The choice between English and French lavender is personal. In my opinion as a lover of lavender, the French is far showier and makes a great choice for a decorative garden bed or in terracotta pots to add some colour to decks and patios.

From a price point of view, lavender plants are relatively inexpensive, and both types cost around the same amount. I love the simplicity and the fragrance of English lavender but generally grow both types in pots on the deck as well as in the ground near my vegetable patch to attract pollinators and add some colour. Interestingly, I’ve never had luck growing English lavender from seed, but the French lavender I currently have is self-sowing everywhere, not that I mind free lavender plants.

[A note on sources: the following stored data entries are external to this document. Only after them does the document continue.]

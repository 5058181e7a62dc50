-- ===== src/Iam/Saml/Roles.antt =====
-- The role that is assumed: `refresh`.
use mathlib.Core.List.{Memᴰ}
use mathlib.Core.Path.{subst}
use amazon_redshift_python_d.Prelude.{
  ◌≡◌, refl, sym, ap, ◌∙◌, Bool, true, false, some, List, [], ◌∷◌, ◌⊎◌, inl, inr, Bool-cases,
  if◌then◌else◌,
}
use amazon_redshift_python_d.Prelude.Dict.{
  dict_get, dict_set, dict_get-dict_set-eq, dict_get-dict_set-ne,
}
use amazon_redshift_python_d.Prelude.Result.{ok, >>=-eq-ok}
use amazon_redshift_python_d.Prelude.Text.{Text, codes, split, text_eq, text_eq_sound}
use amazon_redshift_python_d.Iam.Saml.Claims.{tag_name-called}
use amazon_redshift_python_d.Iam.Saml.Assertion.{
  Tag, Unicode, add_role, is_provider, is_role, read_roles, roles_of_values, scan_arns, strip_white,
  tag_name,
}

abbrev pub role_claim : Text
role_claim = codes "https://aws.amazon.com/SAML/Attributes/Role"

-- A part of a text, with the white space around it stripped.
pub IsPart : Unicode → Text → List Text → Type 0
IsPart F arn parts = (part : Text) × (Memᴰ part parts × (strip_white F part ≡ arn))

-- One value of a Role attribute names the role and the provider.
pub IsPaired : Unicode → List Tag → Text → Text → Type 0
IsPaired F tags role provider =
    (tag : Tag) × (value : Text) × (contents : List Text) × Memᴰ tag tags
    × (tag.name ≡ some role_claim)
    × Memᴰ (value ∷ contents) (tag.find (codes "AttributeValue"))
    × IsPart F role (split b',' value)
    × (is_role F role ≡ true)
    × IsPart F provider (split b',' value)
    × (is_provider F provider ≡ true)

-- Nothing yet, or a part that passes a test.
Good : Unicode → List Text → (Text → Bool) → Text → Type 0
Good F parts test arn = (arn ≡ []) ⊎ (IsPart F arn parts × (test arn ≡ true))

chosen-Good :
    (F : Unicode) (parts : List Text) (test : Text → Bool) (part arn : Text) (b : Bool)
    → test (strip_white F part) ≡ b
    → Memᴰ part parts
    → Good F parts test arn
    → Good F parts test (if b then strip_white F part else arn)
unfolding Good IsPart
chosen-Good F parts test part arn true e there good = inr ((part, (there, refl)), e)
chosen-Good F parts test part arn false e there good = good

scan_arns-Good :
    (F : Unicode) (all parts : List Text) (role provider : Text)
    → ((part : Text) → Memᴰ part parts → Memᴰ part all)
    → Good F all (is_role F) role
    → Good F all (is_provider F) provider
    → Good F all (is_role F) (scan_arns F role provider parts).0
      × Good F all (is_provider F) (scan_arns F role provider parts).1
unfolding scan_arns
scan_arns-Good F all [] role provider sub r p = (r, p)
scan_arns-Good F all (part ∷ parts) role provider sub r p =
    scan_arns-Good F all parts _ _ (λ q h. sub q (Memᴰ.tail h))
      (chosen-Good F all (is_role F) part role _ refl (sub part (Memᴰ.head refl)) r)
      (chosen-Good F all (is_provider F) part provider _ refl (sub part (Memᴰ.head refl)) p)

some-same : {x y : Text} → some x ≡ some y → x ≡ y
some-same e = cc e

ok-same : {x y : List (Text × Text)} → ok x ≡ ok y → x ≡ y
ok-same e = cc e

module _ (F : Unicode) (tags : List Tag) where
  Paired : List (Text × Text) → Type 0
  Paired roles =
      (role provider : Text) → dict_get role roles ≡ some provider → IsPaired F tags role provider

  dict_set-Paired :
      (role provider : Text) (roles : List (Text × Text))
      → IsPaired F tags role provider
      → Paired roles
      → Paired (dict_set role provider roles)
  unfolding Paired
  dict_set-Paired role provider roles pair paired key found e =
      elim (Bool-cases (text_eq role key)) [
        | inl same ↦
            let value : provider ≡ found = some-same (
              sym (dict_get-dict_set-eq role provider roles)
              ∙ subst (λ k. dict_get k (dict_set role provider roles) ≡ some found)
                  (sym (text_eq_sound role key same)) e) in
            subst (λ key. IsPaired F tags key found) (text_eq_sound role key same)
              (subst (IsPaired F tags role) value pair)
        | inr other ↦
            paired key found (sym (dict_get-dict_set-ne key role provider roles other) ∙ e)
      ]

  -- A value of a Role attribute.
  add_role-Paired :
      (tag : Tag) (value : Text) (contents : List Text) (role provider : Text)
      (roles : List (Text × Text))
      → Memᴰ tag tags
      → tag.name ≡ some role_claim
      → Memᴰ (value ∷ contents) (tag.find (codes "AttributeValue"))
      → Good F (split b',' value) (is_role F) role
      → Good F (split b',' value) (is_provider F) provider
      → Paired roles
      → Paired (add_role (role, provider) roles)
  unfolding add_role Good IsPaired
  add_role-Paired tag value contents [] provider roles t n v r p paired = paired
  add_role-Paired tag value contents (c ∷ role) [] roles t n v r p paired = paired
  add_role-Paired tag value contents (c ∷ role) (d ∷ provider) roles t n v (inl e) p paired =
      absurd (cc e)
  add_role-Paired tag value contents (c ∷ role) (d ∷ provider) roles t n v r (inl e) paired =
      absurd (cc e)
  add_role-Paired tag value contents (c ∷ role) (d ∷ provider) roles t n v (inr (r, is_r))
        (inr (p, is_p)) paired =
      dict_set-Paired (c ∷ role) (d ∷ provider) roles
        (tag, value, contents, t, n, v, r, is_r, p, is_p) paired

  roles_of_values-Paired :
      (tag : Tag) (values : List (List Text)) (roles found : List (Text × Text))
      → Memᴰ tag tags
      → tag.name ≡ some role_claim
      → ((v : List Text) → Memᴰ v values → Memᴰ v (tag.find (codes "AttributeValue")))
      → Paired roles
      → roles_of_values F values roles ≡ ok found
      → Paired found
  unfolding roles_of_values Good
  roles_of_values-Paired tag [] roles found t n sub paired e = subst Paired (ok-same e) paired
  roles_of_values-Paired tag ([] ∷ values) roles found t n sub paired e = cc
  roles_of_values-Paired tag ((value ∷ contents) ∷ values) roles found t n sub paired e =
      let (r, p) =
        scan_arns-Good F (split b',' value) (split b',' value) [] [] (λ q h. h) (inl refl)
          (inl refl) in
      roles_of_values-Paired tag values _ found t n (λ v h. sub v (Memᴰ.tail h))
        (add_role-Paired tag value contents _ _ roles t n (sub _ (Memᴰ.head refl)) r p paired) e

  read_roles-Paired :
      (rest : List Tag) (roles found : List (Text × Text))
      → ((tag : Tag) → Memᴰ tag rest → Memᴰ tag tags)
      → Paired roles
      → read_roles F rest roles ≡ ok found
      → Paired found
  unfolding read_roles
  read_roles-Paired [] roles found sub paired e = subst Paired (ok-same e) paired
  read_roles-Paired (tag ∷ rest) roles found sub paired e =
      let (name, is_name, e1) = >>=-eq-ok (tag_name tag) _ e in
      let (more, is_more, e2) =
        >>=-eq-ok
          (if text_eq name role_claim
            then roles_of_values F (tag.find (codes "AttributeValue")) roles
            else ok roles)
          _ e1 in
      read_roles-Paired rest more found (λ t h. sub t (Memᴰ.tail h))
        (elim (Bool-cases (text_eq name role_claim)) [
          | inl same ↦
              roles_of_values-Paired tag (tag.find (codes "AttributeValue")) roles more
                (sub tag (Memᴰ.head refl))
                (tag_name-called tag name is_name ∙ ap some (text_eq_sound name role_claim same))
                (λ v h. h) paired (rw same at is_more)
          | inr other ↦ subst Paired (ok-same (rw other at is_more)) paired
        ])
        e2

-- The roles of an assertion.
pub read_roles-IsPaired :
    (F : Unicode) (tags : List Tag) (roles : List (Text × Text)) (role provider : Text)
    → read_roles F tags [] ≡ ok roles
    → dict_get role roles ≡ some provider
    → IsPaired F tags role provider
unfolding Paired dict_get
read_roles-IsPaired F tags roles role provider e found =
    read_roles-Paired F tags tags [] roles (λ t h. h) (λ role provider e. absurd (cc e)) e role
      provider found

Both lavender varieties make great hedges but can become woody, so will need a hard prune once a year to keep them in shape.

Lavender flowers make great cut flowers and their beautiful floral scent will fill the room.


  • English and French lavender are both popular plants grown for their attractive flowers and aroma.
  • French lavender has showy flowers, while English lavender has less showy flowers, but a sweeter and more appealing aroma.
  • English lavender is used for its scent in beauty products, aromatherapy and in the food industry.
  • Both English and French lavender are great additions to the garden or deck and will reward you with months of beautiful flowers.